Challenges of Digital Lending
- Since many of the lending applications offered to Indian Android users are either not authorized by the RBI or have NBFC partners with assets of less than Rs. 1,000 crores, they are all unlawful. For this sector, there was no standardized regulatory standard.
- Due to the intense competition in the market, it has been discovered that loan service providers engage in risky lending activities. They are found to provide credit to borrowers who cannot repay it. All consumers are now paying higher interest rates as a result of this.
- Serious concerns about the loan service providers’ unscrupulous collection methods, outrageous interest rates, unfair business practices, and misselling have also been raised.
- There may have been a breach of the borrowers’ data privacy due to the direct involvement of third parties and the disclosure of personal information. With regard to this particular segment, this is a serious worry.
- LSPs frequently engage in risky lending practices by providing a loan that is more than a borrower’s ability to repay to establish their position in a market with many other competitors. The risk is reduced by distributing the overall risk to customers and charging higher interest rates.

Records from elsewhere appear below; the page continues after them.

-- ===== src/Service/Witnessed.antt =====
-- The audit trail under concurrent requests at a Guard.
use ai_auth.Common.{
  ℕ, ◌≡◌, inl, inr, refl, sym, ap, subst, ◌∙◌, true, false, ◌++◌, [], List, ◌∷◌, map, Result, arith,
  if◌then◌else◌, Result-cases, Option-cases, All, Bool, append_assoc, append-nil,
}
use ai_auth.Context.{validate}
use ai_auth.Proto.{Status}
use ai_auth.Schedule
use ai_auth.Schedule.{ticks, arrives, moves, Reach-keeps, All-later, All-at}
use ai_auth.Service.Audit.{Reports}
use ai_auth.Service.Truthful.{Truthful, proceed-Truthful}
use ai_auth.Service.Guard.{Guard, State, returned, audit}
use ai_auth.Service.Record.{record_of, audit_line-record_of}
use ai_auth.Service.Serve.{
  Request, verifies, encrypts, decrypts, indexes, Response, context, purpose, subject_required,
}
use ai_auth.Service.Threads.{
  Stage, arrived, timed, passed, granted, calling, concluding, reporting, finished, Thread, System,
  Reach, begin, limited, work, audited, proceed, advance, left, IsNew,
}
use ai_auth.Text.{Str}
use mathlib.Core.List.{Perm, perm_middle}
use mathlib.Core.List.Perm

-- A request and the answer that it was given.
pub record Given : Type 0 where
  pub request : Request
  pub answer : Result (Response request) Status

-- What the audit trail says of a request: the outcome of the answer.
pub record Note : Type 0 where
  pub request : Request
  pub answer : Result (Response request) Status
  pub outcome : Str
  pub fits : Reports request (returned answer) outcome

-- The notes as they stand on stdout, the latest last.
unfoldable pub printed : List Note → Str
printed [] = []
printed (n ∷ earlier) = printed earlier ++ record_of n.request n.outcome

abbrev pub subject : Note → Given
subject n = record { request = n.request; answer = n.answer }

module _ (g : Guard) where
  -- The answer of a handler, from its audit record on.
  abbrev pub said : (q : Request) → Stage g q → List Given
  said q (reporting answer detail) = record { request = q; answer = answer } ∷ []
  said q (finished (returned answer)) = record { request = q; answer = answer } ∷ []
  said q _ = []

  unfoldable pub all_said : List (Thread g) → List Given
  all_said [] = []
  all_said (t ∷ ts) = said t.request t.stage ++ all_said ts

  all_said-append : (a b : List (Thread g)) → all_said (a ++ b) ≡ all_said a ++ all_said b
  unfolding all_said
  all_said-append [] b = refl
  all_said-append (t ∷ a) b =
      ap (λ x. said t.request t.stage ++ x) (all_said-append a b)
      ∙ sym (append_assoc (said t.request t.stage) (all_said a) (all_said b))

  -- There is one note for each answer, and nothing else was written since.
  pub record Trail (before : Str) (s : State g) (answers : List Given) : Type 0 where
    pub notes : List Note
    pub written : s.stdout ≡ before ++ printed notes
    pub each : Perm (map subject notes) answers

  -- A step writes nothing and leaves the answer as it was, or writes the record of its answer.
  data Tells (s : State g) (q : Request) (stage : Stage g q) (r : State g × Stage g q)
      : Type 0 where
    silent : r.0.stdout ≡ s.stdout → said q r.1 ≡ said q stage → Tells s q stage r
    tells :
        (n : Note)
        → r.0.stdout ≡ s.stdout ++ printed (n ∷ [])
        → said q stage ≡ []
        → said q r.1 ≡ subject n ∷ []
        → Tells s q stage r

  begin-said : (clock : ℕ) (q : Request) → said q (begin g clock q) ≡ []
  unfolding begin
  begin-said clock q = elim (Result-cases (validate (context q) (purpose q) (subject_required q))) [
    | inr (e, failed) ↦ rw (failed, begin) refl
    | inl (u, admitted) ↦ elim (Option-cases (context q)) [
      | inl absent ↦ rw (admitted, begin) (rw (absent, begin) refl)
      | inr (c, present) ↦ rw (admitted, begin) (rw (present, begin) refl)
    ]
  ]

  work-said :
      (q : Request) (tenant : Str) (held : g.provider.State) → said q (work g q tenant held).0 ≡ []
  unfolding work
  work-said (verifies m) tenant held = refl
  work-said (encrypts m) tenant held = ground arith
  work-said (decrypts m) tenant held = ground arith
  work-said (indexes m) tenant held = ground arith

  if-said :
      (q : Request) (b : Bool) (x y : Stage g q)
      → said q x ≡ []
      → said q y ≡ []
      → said q (if b then x else y) ≡ []
  if-said q true x y h k = h
  if-said q false x y h k = k

  audited-said :
      (q : Request) (answer : Result (Response q) Status) (detail : Str)
      → said q (audited g q answer detail) ≡ record { request = q; answer = answer } ∷ []
  unfolding audited
  audited-said q answer [] = refl
  audited-said q answer (c ∷ detail) = refl

  proceed-Tells :
      (clock : ℕ) (s : State g) (q : Request) (stage : Stage g q)
      → Truthful g stage
      → Tells s q stage (proceed g clock s q stage)
  unfolding proceed audit printed
  proceed-Tells clock s q arrived h = silent refl (begin-said clock q)
  proceed-Tells clock s q (timed now c) h =
      silent refl (if-said q _ (passed now c) (limited g q) refl refl)
  proceed-Tells clock s q (passed now c) h =
      silent refl (if-said q _ (granted c) (limited g q) refl refl)
  proceed-Tells clock s q (granted c) h = silent refl (work-said q c.tenant_id s.held)
  proceed-Tells clock s q (calling f) h = silent refl refl
  proceed-Tells clock s q (concluding x) h =
      tells (record { request = q; answer = x.answer; outcome = x.outcome; fits = h })
        (ap (λ line. s.stdout ++ line) (audit_line-record_of q x.outcome)) refl
        (audited-said q x.answer x.detail)
  proceed-Tells clock s q (reporting answer detail) h = silent refl refl
  proceed-Tells clock s q (finished o) h = silent refl refl

  Trail-after :
      (before : Str) (s : State g) (a : List (Thread g)) (t : Thread g) (b : List (Thread g))
      (r : State g × Stage g t.request)
      → Tells s t.request t.stage r
      → Trail before s (all_said (a ++ t ∷ b))
      → Trail before r.0 (all_said (a ++ record { request = t.request; stage = r.1 } ∷ b))
  unfolding all_said printed
  Trail-after before s a t b r (silent same kept) p =
      let t' : Thread g = record { request = t.request; stage = r.1 } in
      let answers : all_said (a ++ t ∷ b) ≡ all_said (a ++ t' ∷ b) =
        all_said-append a (t ∷ b)
        ∙ ap (λ x. all_said a ++ (x ++ all_said b)) (sym kept)
        ∙ sym (all_said-append a (t' ∷ b)) in
      record {
        notes = p.notes;
        written = same ∙ p.written;
        each = subst (Perm (map subject p.notes)) answers p.each;
      }
  Trail-after before s a t b r (tells n written none_ one) p =
      let t' : Thread g = record { request = t.request; stage = r.1 } in
      let old : all_said (a ++ t ∷ b) ≡ all_said a ++ all_said b =
        all_said-append a (t ∷ b) ∙ ap (λ x. all_said a ++ (x ++ all_said b)) none_ in
      let new : all_said a ++ (subject n ∷ all_said b) ≡ all_said (a ++ t' ∷ b) =
        ap (λ x. all_said a ++ (x ++ all_said b)) (sym one) ∙ sym (all_said-append a (t' ∷ b)) in
      record {
        notes = n ∷ p.notes;
        written =
            written
            ∙ ap (λ x. x ++ printed (n ∷ [])) p.written
            ∙ append_assoc before (printed p.notes) (printed (n ∷ []));
        each = subst (Perm _) new (
            Perm.trans (Perm.cons (subject n) (subst (Perm (map subject p.notes)) old p.each))
              (Perm.symm (perm_middle (all_said a) (all_said b))));
      }

  record Witnessed (before : Str) (s : System g) : Type 0 where
    truthful : All (λ t. Truthful g t.stage) s.threads
    trail : Trail before s.shared (all_said s.threads)

  Step-Witnessed :
      (before : Str) (s u : System g)
      → Schedule.Step (advance g) (left g) (IsNew g) s u
      → Witnessed before s
      → Witnessed before u
  unfolding all_said advance
  Step-Witnessed before s u (ticks d same) p =
      subst (Witnessed before) (sym same) (record { truthful = p.truthful; trail = p.trail })
  Step-Witnessed before s u (arrives t new same) p = subst (Witnessed before) (sym same) (record {
    truthful = (subst (λ stage. Truthful g {q = t.request} stage) (sym new) tt, p.truthful);
    trail =
        subst (λ stage. Trail before s.shared (said t.request stage ++ all_said s.threads))
          (sym new) p.trail;
  })
  Step-Witnessed before s u (moves m) p =
      let t = m.thread in
      let (h, put) =
        All-at m.before t m.after (subst (All (λ t. Truthful g t.stage)) m.found p.truthful) in
      subst (Witnessed before) (sym m.becomes) (record {
        truthful = put _ (proceed-Truthful g s.clock s.shared t.request t.stage h);
        trail =
            Trail-after before s.shared m.before t m.after _
              (proceed-Tells s.clock s.shared t.request t.stage h)
              (subst (λ ts. Trail before s.shared (all_said ts)) m.found p.trail);
      })

-- The audit trail is complete and true. However the steps of concurrent handlers interleave, stdout
-- has grown by whole audit records and nothing else, which stand one for one for the answers that
-- the handlers have given or are about to give. Each record is the JSON line of its request's
-- operation, tenant and request id with the answer's outcome: for a reply `ok`, of a verification
-- `verified` or the reason that it is rejected for; for an error `rejected` where the gate refused
-- it or a verification is incomplete, and otherwise, with the constant status of each,
-- `rate_limited`, `denied` or `backend_error`.
pub Reach-Trail :
    (g : Guard) (s : State g) (clock : ℕ) (u : System g)
    → Reach g (record { shared = s; clock = clock; threads = [] }) u
    → Trail g s.stdout u.shared (all_said g u.threads)
unfolding all_said printed
Reach-Trail g s clock u r =
    let p = Reach-keeps (advance g) (left g) (IsNew g) (Step-Witnessed g s.stdout) r (record {
      truthful = tt;
      trail = record { notes = []; written = sym (append-nil s.stdout); each = Perm.refl [] };
    }) in
    p.trail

- The main issues are unrestricted third parties use, miss-selling, privacy violations, unfair business practices, charging astronomical interest rates, and unethical recovery methods.
Digital Lending and its Regulation
A remote and automated lending procedure known as “digital lending” makes extensive use of seamless digital technology for customer acquisition, the credit assessment, loan approval, payout, recovery, and related customer care. The Reserve Bank of India (RBI) established a framework to control online lending. It is disbursing and collecting loans via websites or mobile apps. It facilitates fast disbursal and lowers costs. However, these platforms frequently engage in risky behavior by lending to borrowers who cannot repay the money. The Reserve Bank of India (RBI) recently established a framework governing the nation’s digital lending market. The RBI launched a working group on digital lending, including online platforms and mobile apps, in January 2021. The panel was established as a result of worries about ethical business practices and customer protection that have emerged as a result of the boom in digital lending activity. Digital lending is one of the fintech industries in India. It has grown significantly from a volume of US$ 9 billion in 2012 to almost US$ 110 billion in 2019.
Furthermore, it is anticipated that by 2023, the digital lending market will have grown to about US$350 billion. Small borrowers without a history of credit history who conventional financial institutions don’t cater to, are among its clients in particular. Short-term loans, especially those with terms of fewer than 30 days, are their primary area of expertise. Commercial banks are quickly integrating into the category of financial intermediaries by either partnering with NBFCs to create synergies or by lending digitally.
To crack down on illicit activity by some participants, the Reserve Bank of India (RBI) has announced the first set of guidelines for digital lending. The RBI created a Working Group on “Digital Lending (WGDL), including Lending through Online Platforms and Mobile Apps to address the issues.” In November 2021, the group suggested more substantial standards for digital lenders; some of these standards have been adopted and are now part of the new standards, while others are still being looked at.